**EXERCISE DETAILS**
Beginning with the first line of the data below, set down each line exactly through the line that contains "b'.' ∷ fraction)".

**Stored data**
________________________________________
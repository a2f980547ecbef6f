-- ===== src/Timing/Fractions.antt =====
-- headers/server_timing.rs: what `parse_duration` makes of a fraction.
use ftl.Prelude.{ℕ, ◌+◌, ◌*◌, ◌^◌, ◌<◌, ◌≡◌, ◌≢◌, some, [], ◌∷◌, ◌++◌, All, ap, arith}
use ftl.Http.{Text}
use ftl.Strings.{is}
use ftl.Strings.Pieces.{splitn2_at}
use ftl.Decimal.{IsDigit, value, print_u128, parse_u64_of_digits, print_u128-IsDigit}
use ftl.Timing.{take3, parse_duration}
use ftl.Timing.Read.{parse-print_u128, digits-Avoids}

-- A duration whose fraction has one to three digits is read as its whole part in milliseconds plus
-- the number that the digits spell in microseconds, however many digits there are, if that is below
-- 2^64 microseconds.
pub parse_duration_fraction :
    (ms : ℕ) (fraction : Text)
    → fraction ≢ []
    → All IsDigit fraction
    → take3 fraction ≡ fraction
    → ms * 1000 + value 0 fraction < 2 ^ 64
    → parse_duration (print_u128 ms ++ b'.' ∷ fraction)
      ≡ some ((ms * 1000 + value 0 fraction) * 1000)
unfolding parse_duration
parse_duration_fraction ms fraction n h k b =
    rw
      (
        splitn2_at b'.' (print_u128 ms) fraction
            (digits-Avoids (is b'.') (print_u128 ms) (λ c d. ground arith) (print_u128-IsDigit ms)),
        parse-print_u128 ms (omega arith),
        k,
        parse_u64_of_digits fraction n h (omega arith),
      )
      (ap (λ (t : ℕ). some (t * 1000)) (omega arith))
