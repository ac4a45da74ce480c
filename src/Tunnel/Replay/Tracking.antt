-- ===== src/Tunnel/Replay/Tracking.antt =====
-- The replay window tracks exactly the positions that it has accepted: within the window a packet
-- is taken once, and no packet that is new is refused.
use sangtachi.Prelude.{
  ℕ, ◌+◌, ◌-◌, ◌^◌, ◌≤◌, ◌<◌, ◌≡◌, refl, ap, ◌⊎◌, Bool, true, false, List, ◌∷◌, ltb, ◌==◌,
  if◌then◌else◌, bit_or, arith, any,
}
use sangtachi.Prelude.Bits.{u32, u64, bit, bit_le_one, bit-bit_or, bit_or-lt}
use sangtachi.Protocol.{replay_window}
use sangtachi.Tunnel.Replay.{
  sub32, ReplayVerdict, ReplayDecision, accepted, decision_eq, ReplayWindow, bit_for_back, check,
  shifted_bits, write_decision, commit, accept,
}
use sangtachi.Tunnel.Replay.Bitmap.{
  bit_and-bit_for_back, bit-bit_for_back, bit_for_back-lt, shifted_bits-lt, bit-shifted_bits,
}

-- `n` steps after `h` on the circle of 32-bit sequence numbers, and `n` steps before it.
abbrev pub IsAhead : ℕ → ℕ → ℕ → Type 0
IsAhead h s n = (1 ≤ n) × (n < 0x8000_0000) × (s ≡ u32 (h + n))

abbrev pub IsBehind : ℕ → ℕ → ℕ → Type 0
IsBehind h s n = (n ≤ 0x8000_0000) × (s < 0x1_0000_0000) × (h ≡ u32 (s + n))

abbrev pub mem : ℕ → List ℕ → Bool
mem p ps = any (λ q. q == p) ps

-- `ps` are the positions accepted so far.
pub record Tracks (w : ReplayWindow) (ps : List ℕ) : Type 0 where
  pub started : w.initialized ≡ true
  pub word : w.highest < 0x1_0000_0000
  pub bits_word : w.seen_bits < 2 ^ 64
  pub room : 64 ≤ w.position
  pub fits : w.position < 2 ^ 64
  pub above : (p : ℕ) → w.position < p → mem p ps ≡ false
  pub top : mem w.position ps ≡ true
  pub marks : (b : ℕ) → 1 ≤ b → b ≤ 64 → mem (w.position - b) ps ≡ (bit w.seen_bits (b - 1) == 1)

pub two_sides :
    (h s : ℕ)
    → h < 0x1_0000_0000
    → s < 0x1_0000_0000
    → IsAhead h s (sub32 s h) ⊎ IsBehind h s (sub32 h s)
two_sides h s p q = omega arith

-- A packet ahead of the highest always advances the window.
pub check_ahead :
    (w : ReplayWindow) (seq n : ℕ)
    → w.initialized ≡ true
    → w.highest < 0x1_0000_0000
    → IsAhead w.highest seq n
    → check w seq ≡ record {
      verdict = ReplayVerdict.advance;
      seq = seq;
      distance = n;
      pkt_pos = u64 (w.position + n);
    }
unfolding check
check_ahead w seq n i p a = ground arith

-- The verdict of the specification on a packet `n` places behind position `top`.
abbrev pub verdict_behind : ℕ → List ℕ → ℕ → ReplayVerdict
verdict_behind top ps n =
    if ltb replay_window n
    then ReplayVerdict.too_old
    else if mem (top - n) ps
    then ReplayVerdict.duplicate
    else ReplayVerdict.reorder

-- For a packet n places behind the highest one, `check` says too old if n exceeds the window,
-- duplicate if its position was accepted before, and reorder otherwise; so no new packet within the
-- window is refused.
pub check_behind :
    (w : ReplayWindow) (ps : List ℕ) (seq n : ℕ)
    → Tracks w ps
    → IsBehind w.highest seq n
    → (check w seq).verdict ≡ verdict_behind w.position ps n
unfolding check
check_behind w ps seq n t a = ground (
  arith,
  bit_and-bit_for_back w.seen_bits n,
  bit_le_one w.seen_bits (n - 1),
  t.marks n,
  t.top,
  t.started,
)

seq-check : (w : ReplayWindow) (seq : ℕ) → (check w seq).seq ≡ seq
unfolding check
seq-check w seq = ground arith

decision_eq_refl : (d : ReplayDecision) → decision_eq d d ≡ true
unfolding decision_eq
decision_eq_refl d = ground arith

-- What `accept` does with a packet: the decision that it measures is always committed.
pub accept_taken :
    (w : ReplayWindow) (seq : ℕ)
    → accepted (check w seq) ≡ true
    → accept w seq ≡ (check w seq, write_decision w (check w seq))
unfolding accept commit
accept_taken w seq h = ground (arith, h, seq-check w seq, decision_eq_refl (check w seq))

pub accept_refused :
    (w : ReplayWindow) (seq : ℕ) → accepted (check w seq) ≡ false → accept w seq ≡ (check w seq, w)
unfolding accept
accept_refused w seq h = rw h

-- The windows that `write_decision` leaves.
abbrev pub advanced_window : ReplayWindow → ℕ → ℕ → ReplayWindow
advanced_window w seq n = record {
  highest = seq;
  position = w.position + n;
  seen_bits = shifted_bits w.seen_bits n;
  initialized = true;
}

abbrev pub marked_window : ReplayWindow → ℕ → ReplayWindow
marked_window w n = record w { seen_bits = bit_or w.seen_bits (bit_for_back n) }

module _ (w : ReplayWindow) (ps : List ℕ) (seq n : ℕ) (t : Tracks w ps) where
  pub advanced_window-Tracks :
      IsAhead w.highest seq n
      → w.position + n < 2 ^ 64
      → Tracks (advanced_window w seq n) ((w.position + n) ∷ ps)
  advanced_window-Tracks a h = record {
    started = refl;
    word = omega arith;
    bits_word = shifted_bits-lt w.seen_bits n;
    room = omega (arith, t.room);
    fits = h;
    above = λ p q. ground (arith, t.above p);
    top = ground arith;
    marks = λ b p q. ground (
      arith,
      bit-shifted_bits w.seen_bits n b a.0 p q,
      t.above (w.position + n - b),
      t.top,
      t.marks (b - n),
      ap (λ k. mem k ps) {x = w.position + n - b} {y = w.position - (b - n)},
      ap (λ k. mem k ps) {x = w.position + n - b} {y = w.position},
    );
  }

  pub marked_window-Tracks : 1 ≤ n → n ≤ 64 → Tracks (marked_window w n) ((w.position - n) ∷ ps)
  marked_window-Tracks p q = record {
    started = t.started;
    word = t.word;
    bits_word = bit_or-lt 64 w.seen_bits (bit_for_back n) t.bits_word (bit_for_back-lt n q);
    room = t.room;
    fits = t.fits;
    above = λ k h. ground (arith, t.above k);
    top = ground (arith, t.top);
    marks = λ b r s. ground (
      arith,
      bit-bit_or (b - 1) w.seen_bits (bit_for_back n),
      bit-bit_for_back n b p r,
      bit_le_one w.seen_bits (b - 1),
      t.marks b r s,
      t.room,
    );
  }
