-- ===== src/Tunnel/Replay/Accept.antt =====
-- `commit` and `accept` of the replay window.
use sangtachi.Prelude.{
  ℕ, ◌+◌, ◌-◌, ◌^◌, ◌≤◌, ◌<◌, ◌≡◌, ◌↔◌, refl, ◌∙◌, inl, inr, true, false, List, ◌∷◌, if◌then◌else◌,
  arith,
}
use sangtachi.Prelude.Bits.{u64}
use sangtachi.Tunnel.Replay.{
  sub32, ReplayVerdict, ReplayDecision, accepted, verdict_eq, decision_eq, ReplayWindow, check,
  write_decision, commit, accept,
}
use sangtachi.Tunnel.Replay.Tracking.{
  Tracks, IsAhead, IsBehind, mem, check_ahead, check_behind, two_sides, advanced_window,
  marked_window, advanced_window-Tracks, marked_window-Tracks, accept_taken,
}

verdict_eq_iff : (a b : ReplayVerdict) → (verdict_eq a b ≡ true) ↔ (a ≡ b)
verdict_eq_iff a b = ground arith

decision_eq_iff : (a b : ReplayDecision) → (decision_eq a b ≡ true) ↔ (a ≡ b)
unfolding decision_eq
decision_eq_iff a b = ground (arith, verdict_eq_iff a.verdict b.verdict)

-- A decision is written exactly if it is an acceptance that `check` gives in this state; any
-- other leaves the window as it was.
pub commit_iff :
    (w : ReplayWindow) (d : ReplayDecision)
    → (((commit w d).0 ≡ true) ↔ ((accepted d ≡ true) × (check w d.seq ≡ d)))
      × ((commit w d).1 ≡ (if (commit w d).0 then write_decision w d else w))
unfolding commit
commit_iff w d = ground (arith, decision_eq_iff (check w d.seq) d)

write_advance :
    (w : ReplayWindow) (seq n : ℕ)
    → w.initialized ≡ true
    → w.position + n < 2 ^ 64
    → write_decision w (record {
      verdict = ReplayVerdict.advance;
      seq = seq;
      distance = n;
      pkt_pos = u64 (w.position + n);
    })
      ≡ advanced_window w seq n
unfolding write_decision
write_advance w seq n i h = ground arith

-- A packet within the window that is not yet recorded.
check_reorder :
    (w : ReplayWindow) (seq n : ℕ)
    → w.initialized ≡ true
    → 64 ≤ w.position
    → w.position < 2 ^ 64
    → IsBehind w.highest seq n
    → (check w seq).verdict ≡ ReplayVerdict.reorder
    → (check w seq ≡ record {
      verdict = ReplayVerdict.reorder;
      seq = seq;
      distance = n;
      pkt_pos = w.position - n;
    })
      × (1 ≤ n)
      × (n ≤ 64)
unfolding check
check_reorder w seq n i p q b h = ground arith

write_reorder :
    (w : ReplayWindow) (seq n : ℕ)
    → w.initialized ≡ true
    → write_decision w (record {
      verdict = ReplayVerdict.reorder;
      seq = seq;
      distance = n;
      pkt_pos = w.position - n;
    })
      ≡ marked_window w n
unfolding write_decision
write_reorder w seq n i = ground arith

pub accept-fst : (w : ReplayWindow) (seq : ℕ) → (accept w seq).0 ≡ check w seq
unfolding accept
accept-fst w seq = ground arith

-- What holds of a packet that is taken with decision `d` and leaves the window `w'`.
abbrev pub Taken : ReplayWindow → List ℕ → ReplayDecision → ReplayWindow → Type 0
Taken w ps d w' =
    (mem d.pkt_pos ps ≡ false)
    × Tracks w' (d.pkt_pos ∷ ps)
    × (w'.position < w.position + 0x8000_0000)

module _ (w : ReplayWindow) (ps : List ℕ) (seq n : ℕ) (t : Tracks w ps) where
  IsAhead-Taken :
      IsAhead w.highest seq n
      → w.position + 0x8000_0000 ≤ 2 ^ 64
      → Taken w ps (check w seq) (write_decision w (check w seq))
  IsAhead-Taken a room =
      let e : u64 (w.position + n) ≡ w.position + n = omega arith in
      rw (check_ahead w seq n t.started t.word a) (
        rw (write_advance w seq n t.started (omega arith)) (
          rw e (
            t.above (w.position + n) (omega arith),
            advanced_window-Tracks w ps seq n t a (omega arith),
            omega arith,
          )))

  IsBehind-Taken :
      IsBehind w.highest seq n
      → accepted (check w seq) ≡ true
      → Taken w ps (check w seq) (write_decision w (check w seq))
  unfolding accepted
  IsBehind-Taken b h =
      let v : (check w seq).verdict ≡ ReplayVerdict.reorder =
        ground (arith, check_behind w ps seq n t b) in
      let (e, lo, hi) = check_reorder w seq n t.started t.room t.fits b v in
      rw e (
        rw (write_reorder w seq n t.started) (
          ground (arith, v, check_behind w ps seq n t b),
          marked_window-Tracks w ps seq n t lo hi,
          omega arith,
        ))

-- If the window tracks exactly the positions accepted so far and `accept` takes a packet, its
-- position was not among them, the new window tracks the positions with it, and the highest
-- position grows by less than 2^31.
pub accept-Tracks :
    (w : ReplayWindow) (ps : List ℕ) (seq : ℕ)
    → Tracks w ps
    → seq < 0x1_0000_0000
    → w.position + 0x8000_0000 ≤ 2 ^ 64
    → accepted (accept w seq).0 ≡ true
    → Taken w ps (accept w seq).0 (accept w seq).1
accept-Tracks w ps seq t s room h =
    let h' : accepted (check w seq) ≡ true = rw accept-fst at h in
    rw (accept_taken w seq h') (elim (two_sides w.highest seq t.word s) [
      | inl a ↦ IsAhead-Taken w ps seq (sub32 seq w.highest) t a room
      | inr b ↦ IsBehind-Taken w ps seq (sub32 w.highest seq) t b h'
    ])

pub check_highest :
    (w : ReplayWindow)
    → w.initialized ≡ true
    → (check w w.highest).verdict ≡ ReplayVerdict.duplicate
unfolding check
check_highest w i = ground arith

-- The same packet once more, when the window has started.
pub check-accept_replayed :
    (w : ReplayWindow) (ps : List ℕ) (seq : ℕ)
    → Tracks w ps
    → seq < 0x1_0000_0000
    → w.position + 0x8000_0000 ≤ 2 ^ 64
    → accepted (accept w seq).0 ≡ true
    → (check (accept w seq).1 seq).verdict ≡ ReplayVerdict.duplicate
unfolding accepted
check-accept_replayed w ps seq t s room h =
    let h' : accepted (check w seq) ≡ true = rw accept-fst at h in
    rw (accept_taken w seq h') (elim (two_sides w.highest seq t.word s) [
      | inl a ↦ rw (check_ahead w seq (sub32 seq w.highest) t.started t.word a) (
          rw (write_advance w seq (sub32 seq w.highest) t.started (omega arith))
            (check_highest (advanced_window w seq (sub32 seq w.highest)) refl))
      | inr b ↦
          let n = sub32 w.highest seq in
          let v : (check w seq).verdict ≡ ReplayVerdict.reorder =
            ground (arith, check_behind w ps seq n t b) in
          let (e, lo, hi) = check_reorder w seq n t.started t.room t.fits b v in
          rw e (
            rw (write_reorder w seq n t.started) (
              check_behind (marked_window w n) ((w.position - n) ∷ ps) seq n
                (marked_window-Tracks w ps seq n t lo hi) b
              ∙ ground arith))
    ])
________________________________________
**WRITTEN ANSWER**
repository a2f980547ecbef6f
-- ===== src/Timing/Fractions.antt =====
-- headers/server_timing.rs: what `parse_duration` makes of a fraction.
use ftl.Prelude.{ℕ, ◌+◌, ◌*◌, ◌^◌, ◌<◌, ◌≡◌, ◌≢◌, some, [], ◌∷◌, ◌++◌, All, ap, arith}
use ftl.Http.{Text}
use ftl.Strings.{is}
use ftl.Strings.Pieces.{splitn2_at}
use ftl.Decimal.{IsDigit, value, print_u128, parse_u64_of_digits, print_u128-IsDigit}
use ftl.Timing.{take3, parse_duration}
use ftl.Timing.Read.{parse-print_u128, digits-Avoids}

-- A duration whose fraction has one to three digits is read as its whole part in milliseconds plus
-- the number that the digits spell in microseconds, however many digits there are, if that is below
-- 2^64 microseconds.
pub parse_duration_fraction :
    (ms : ℕ) (fraction : Text)
    → fraction ≢ []
    → All IsDigit fraction
    → take3 fraction ≡ fraction
    → ms * 1000 + value 0 fraction < 2 ^ 64
    → parse_duration (print_u128 ms ++ b'.' ∷ fraction)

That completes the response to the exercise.